(Exercise brief) Filter these records by the string "CuPowNoise", copying each line that holds it.

*** The records ***

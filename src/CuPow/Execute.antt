-- ===== src/CuPow/Execute.antt =====
-- `CuPowNoise`, `CuPowExecution` and `execute_cupow` of crates/pocomp-protocol/src/cupow.rs.
pub mod Decode
pub mod Laws
pub mod Decoded
use verification_tooling.Prelude.{
  ℕ, zero, suc, ◌+◌, ◌*◌, ◌/◌, ◌%◌, List, [], ◌∷◌, Bool, ◌||◌, ◌==◌, ◌≠◌, nat_eq, replicate, Option,
  none, some, Result, ok, err, ◌>>=◌, ◌>>◌, reject_if, ok_or,
}
use verification_tooling.CuPow.{matrix_operation}
use verification_tooling.CuPow.Matrix.{F251Matrix, new, add, subtract}
use verification_tooling.CuPow.Product.{Fault, failed, try, matmul_f251, stripe_product}

pub record CuPowNoise : Type 0 where
  pub e_left : F251Matrix
  pub e_right : F251Matrix
  pub f_left : F251Matrix
  pub f_right : F251Matrix

pub record CuPowExecution : Type 0 where
  pub noisy_left : F251Matrix
  pub noisy_right : F251Matrix
  pub transcript : List F251Matrix
  pub decoded_output : F251Matrix

-- `count` passes of the loop over the stripes, from the stripe at `start` and the sum `partial` of
-- the earlier ones: the transcript entries they push.
unfoldable pub stripes :
    F251Matrix → F251Matrix → ℕ → ℕ → ℕ → F251Matrix → Result Fault (List F251Matrix)
stripes left right tile zero start partial = ok []
stripes left right tile (suc count) start partial = do
  product ← stripe_product left right start tile
  sum ← try (add partial product)
  rest ← stripes left right tile count (start + tile) sum
  ok (sum ∷ rest)

-- `transcript.last()`
unfoldable pub last : List F251Matrix → Option F251Matrix
last [] = none
last (m ∷ []) = some m
last (m ∷ k ∷ ms) = last (k ∷ ms)

-- The tile size divides the rows where the loop runs, so that `0..rows` in steps of the tile size
-- has `rows / tile_size` members.
unfoldable pub execute_cupow :
    F251Matrix → F251Matrix → CuPowNoise → ℕ → Result Fault CuPowExecution
execute_cupow left right noise tile_size = do
  reject_if
      (left.rows ≠ left.columns
        || right.rows ≠ right.columns
        || left.rows ≠ right.rows
        || tile_size == 0
        || left.rows % tile_size ≠ 0)
      (failed matrix_operation)
  e ← matmul_f251 noise.e_left noise.e_right
  f ← matmul_f251 noise.f_left noise.f_right
  noisy_left ← try (add left e)
  noisy_right ← try (add right f)
  partial ← try (new left.rows left.rows (replicate (left.rows * left.rows) 0))
  transcript ← stripes noisy_left noisy_right tile_size (left.rows / tile_size) 0 partial
  a_f_left ← matmul_f251 left noise.f_left
  a_f ← matmul_f251 a_f_left noise.f_right
  b_plus_f ← try (add right f)
  e_right_b ← matmul_f251 noise.e_right b_plus_f
  e_b_plus_f ← matmul_f251 noise.e_left e_right_b
  output ← ok_or (last transcript) (failed matrix_operation)
  correction ← try (add a_f e_b_plus_f)
  decoded_output ← try (subtract output correction)
  ok (record {
    noisy_left = noisy_left;
    noisy_right = noisy_right;
    transcript = transcript;
    decoded_output = decoded_output;
  })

*** End of The records ***

(Output below)
-- `CuPowNoise`, `CuPowExecution` and `execute_cupow` of crates/pocomp-protocol/src/cupow.rs.
pub record CuPowNoise : Type 0 where
    F251Matrix → F251Matrix → CuPowNoise → ℕ → Result Fault CuPowExecution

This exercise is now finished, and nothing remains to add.